En 2020, 57 millions d’euros d’aides publiques ont été allouées à la construction de nouveaux méthaniseurs.

Bénéfices potentiels de la méthanisation :

  • Participation modérée à la diversification du mix énergétique
  • Renforcement de la souveraineté énergétique (à condition que la méthanisation ne fonctionne pas grâce à des intrants importés ou à une production agricole utilisant massivement des engrais de synthèse, fabriqués à base de pétrole). La méthanisation permet la production d’une énergie facilement stockable et non intermittente.
  • Création d’emplois peu délocalisables, notamment en milieu rural (la quantification exacte demande une étude approfondie).
  • Complément de revenus pour les agriculteurs dans un contexte de grande instabilité (grâce aux tarifs de rachat).
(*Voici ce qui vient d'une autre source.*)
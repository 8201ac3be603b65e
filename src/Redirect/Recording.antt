-- ===== src/Redirect/Recording.antt =====
-- The history that src/redirect.rs records along the chains of src/client/layer/redirect/future.rs.
use wreq.Base.{
  ℕ, ◌≡◌, refl, ap, sym, ◌∙◌, false, Option, none, some, List, [], ◌∷◌, ◌++◌, map, arith, length,
}
use wreq.Base.Maybe.{unwrap_or}
use wreq.Uri.{Uri}
use wreq.Redirect.Crates.{HeaderMaps, Urls, Bodies, Request}
use wreq.Redirect.{
  ok, follow, FollowRedirectPolicy, Policy, limit, is_none_policy, HistoryEntry, on_request,
  for_request,
}
use wreq.Redirect.Crossing.{redirect-state}
use wreq.Redirect.Layer.{Redirecting, send_again, call}
use wreq.Redirect.Hops.{Step, idle, kept, followed, resolved, Step-Origin, Hop, asked, answer}
use wreq.Redirect.Limits.{
  after, redirect_follows, redirect-limit, Sends, start, waits, sends, IsLimited, sends-IsLimited,
  call-uris,
}

map-append {ℓ κ} :
    {A : Type ℓ} {B : Type κ} (f : A → B) (xs ys : List A) → map f (xs ++ ys) ≡ map f xs ++ map f ys
map-append f [] ys = refl
map-append f (x ∷ xs) ys = ap (◌∷◌ (f x)) (map-append f xs ys)

module _ {H : HeaderMaps} {U : Urls} {B : Bodies} {E S : Type 0} where
  -- The URIs from which the history says that the request was redirected.
  abbrev pub left : Redirecting H U B E S → List Uri
  left s = map (λ e. e.previous) (unwrap_or [] s.policy.history)

  send_again-history :
      (s : Redirecting H U B E S) (b : B.Body) (loc : Uri)
      → ((send_again H U B E S s b loc).policy.history ≡ s.policy.history)
        × ((send_again H U B E S s b loc).policy.uris ≡ s.policy.uris)
  unfolding send_again on_request
  send_again-history s b loc = ground arith

  follow-history :
      (s : Redirecting H U B E S) (h : Hop s) (max : ℕ)
      → s.policy.policy ≡ limit max
      → (answer s h).1 ≡ ok follow
      → left (send_again H U B E S (asked s h) h.b h.loc) ≡ left s ++ (h.req.uri ∷ [])
  follow-history s h max policy a =
      let some_policy : is_none_policy s.policy.policy ≡ false = ap is_none_policy policy in
      let (recorded, _) =
        redirect_follows H U E s.policy h.res.status h.res.headers h.loc h.req.uri some_policy in
      let (same, _) = send_again-history (asked s h) h.b h.loc in
      let entry : HistoryEntry H = record {
        status = h.res.status;
        uri = h.loc;
        previous = h.req.uri;
        headers = h.res.headers;
      } in
      ap (λ o. map (λ e. e.previous) (unwrap_or [] o))
        (same ∙ recorded ∙ ap (after H U E s.policy entry) a)
      ∙ map-append (λ e. e.previous) (unwrap_or [] s.policy.history) (entry ∷ [])

  Step-left :
      (max n : ℕ) (s t : Redirecting H U B E S)
      → IsLimited max n s
      → Step s t
      → left s ≡ s.policy.uris
      → left t ≡ t.policy.uris
  Step-left max n s t (policy, free, _, _) st same = elim (Step-Origin st) [
    | idle e ↦ rw e same
    | kept h _ a e ↦
        elim (redirect-limit H U E s.policy h.res.status h.res.headers h.loc h.req.uri max policy
          a) [ ]
    | followed h _ a e ↦
        let (uris, _, _) =
          redirect-state H U E s.policy h.res.status h.res.headers h.loc h.req.uri in
        let (_, uris') = send_again-history (asked s h) h.b h.loc in
        rw e (
          follow-history s h max policy a
          ∙ ap (λ l. l ++ (h.req.uri ∷ [])) same
          ∙ sym (uris' ∙ uris))
    | resolved p q e ↦ cc (free, q)
  ]

  sends-left :
      (max : ℕ) (s : Redirecting H U B E S)
      → IsLimited max 0 s
      → left s ≡ s.policy.uris
      → (n : ℕ) (t : Redirecting H U B E S) → Sends s n t
      → left t ≡ t.policy.uris
  sends-left max s l e n t start = e
  sends-left max s l e n t (waits {t = m} r st _) =
      Step-left max n m t (sends-IsLimited max s l n m r) st (sends-left max s l e n m r)
  sends-left max s l e n t (sends {n = k} {t = m} r st _) =
      Step-left max k m t (sends-IsLimited max s l k m r) st (sends-left max s l e k m r)

  call-history :
      (client client' : FollowRedirectPolicy H U E) (own : Option (Policy H E)) (req : Request H)
      (b : B.Body) (first : Redirecting H U B E S)
      → call H U B E S client own req b ≡ (client', some first)
      → first.policy.history ≡ client.history
  unfolding call for_request on_request
  call-history client client' own req b first h = ground arith

  -- Where the client's policy has followed and recorded nothing itself, and the request is under a
  -- limit, the history has one entry for each time that the request has been sent again, and its
  -- entries name as the previous URIs those that were left, in order.
  sends-history :
      (client client' : FollowRedirectPolicy H U E) (own : Option (Policy H E)) (req : Request H)
      (b : B.Body) (first t : Redirecting H U B E S) (max n : ℕ)
      → client.uris ≡ []
      → client.history ≡ none
      → call H U B E S client own req b ≡ (client', some first)
      → first.policy.policy ≡ limit max
      → Sends first n t
      → (length (left t) ≡ n) × (left t ≡ t.policy.uris)
  sends-history client client' own req b first t max n fresh unrecorded called policy r =
      let (uris, free) = call-uris client client' own req b first called in
      let l : IsLimited max 0 first = (policy, free, ap length (uris ∙ fresh), ground arith) in
      let none_left : left first ≡ first.policy.uris =
        ap (λ o. map (λ e. e.previous) (unwrap_or [] o))
          (call-history client client' own req b first called ∙ unrecorded)
        ∙ sym (uris ∙ fresh) in
      let same = sends-left max first l none_left n t r in
      (ap length same ∙ (sends-IsLimited max first l n t r).2, same)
Mais la mise en place d’un projet de méthanisation suppose des investissements et donc un risque d’endettement et pose la question de la réversibilité de l’installation (selon sa dimension) pouvant contraindre l’exploitant à se maintenir dans un modèle agricole figé.
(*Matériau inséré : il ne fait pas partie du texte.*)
-- ===== src/Redirect/Rewriting.antt =====
-- What a redirect makes of the method, the body and the payload headers of its request, in
-- src/client/layer/redirect/future.rs.
use wreq.Base.{
  ℕ, ◌≡◌, Bool, true, false, ◌&&◌, ◌||◌, not, none, some, List, [], ◌∷◌, arith, any, if◌then◌else◌,
}
use wreq.Base.Eq.{◌==◌, list_eq, nat_eq}
use wreq.Redirect.Crates.{
  HeaderMaps, HeaderName, Method, get, Request, content_type, content_length, content_encoding,
  transfer_encoding,
}
use wreq.Redirect.Layer.{is_post, is_head, rewrite, drop_payload_headers}

abbrev pub payload : List HeaderName
payload = content_type ∷ content_length ∷ content_encoding ∷ transfer_encoding ∷ []

-- The redirects that lose the body: 303, and 301 or 302 of a `POST`.
abbrev pub loses_body : ℕ → Method → Bool
loses_body status m = status == 303 || (is_post m && (status == 301 || status == 302))

abbrev pub redirects : ℕ → Bool
redirects status = any (λ n. status == n) (301 ∷ 302 ∷ 303 ∷ 307 ∷ 308 ∷ [])

drop_payload_headers-get :
    (H : HeaderMaps) (m : H.Map) (k : HeaderName)
    → H.get k (drop_payload_headers H m) ≡ (if any (λ n. n == k) payload then none else H.get k m)
unfolding drop_payload_headers any
drop_payload_headers-get H m k =
    rw (H.get-remove, H.get-remove, H.get-remove, H.get-remove) (ground arith)

-- The statuses 301, 302, 303, 307 and 308 redirect, and no others.
rewrite-none :
    (H : HeaderMaps) (status : ℕ) (req : Request H)
    → rewrite H status req ≡ none
    → redirects status ≡ false
unfolding rewrite any
rewrite-none H status req h = ground arith

-- A rewritten request is of a redirecting status and goes to the same URI. It is told to send an
-- empty body exactly on 303, and on 301 and 302 of a `POST`. Then its method is `GET`, or `HEAD` where
-- it was, and its payload headers are gone; the other headers stay. Else it is the request itself.
rewrite-redirects :
    (H : HeaderMaps) (status : ℕ) (req sent : Request H) (drops_body : Bool) (k : HeaderName)
    → rewrite H status req ≡ some (sent, drops_body)
    → (redirects status ≡ true)
      × (sent.uri ≡ req.uri)
      × (drops_body ≡ loses_body status req.method)
      × (sent.method ≡ (if drops_body && not (is_head req.method) then get else req.method))
      × (H.get k sent.headers
          ≡ (if drops_body && any (λ n. n == k) payload then none else H.get k req.headers))
unfolding rewrite any
rewrite-redirects H status req sent drops_body k h = (
  ground arith,
  ground arith,
  ground arith,
  ground arith,
  ground (arith, drop_payload_headers-get H req.headers k),
)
Risques et nuisances potentielles de la méthanisation (souvent liés à la dimension du méthaniseur / modèle agricole sous-jacent) :

  • Nuisances liées aux odeurs des méthaniseurs, aux transports d’intrants, à l’impact paysager,
  • Impact potentiel du digestat sur les eaux et les sols (selon la composition des intrants)
  • Risque d’incidents industriels,
  • Risque de fuites de méthane dans l’atmosphère (gaz à effet de serre plus puissant que le CO2)
  • Risque potentiel d’accaparement des terres et de renchérissement du foncier, pour la production de cultures énergétiques et alimentaires utilisées comme intrants et modification des pratiques culturales par le développement des CIVE.
  • Risque d’une concurrence d’approvisionnement entre les élevages (besoin de fourrage) et les méthaniseurs
  • Remise en cause des pratiques d’élevage au détriment du bien-être animal (l’objectif de récupérer un maximum d’effluents d’élevage peut conduire à garder le cheptel en stabulation tout au long de l’année et le nourrir en permanence à l’auge).

Vu le rapport d’information sénatorial « Méthanisations : au-delà des controverses, quelles perspectives ? » du 29 septembre 2021 et notamment la contribution du groupe Ecologiste – Solidarité et Territoires à celui-ci.

Vu la fiche thématique « Quelle méthanisation agricole durable ? » du 07 décembre 2019 des
commissions énergie et agriculture & ruralité d’EELV.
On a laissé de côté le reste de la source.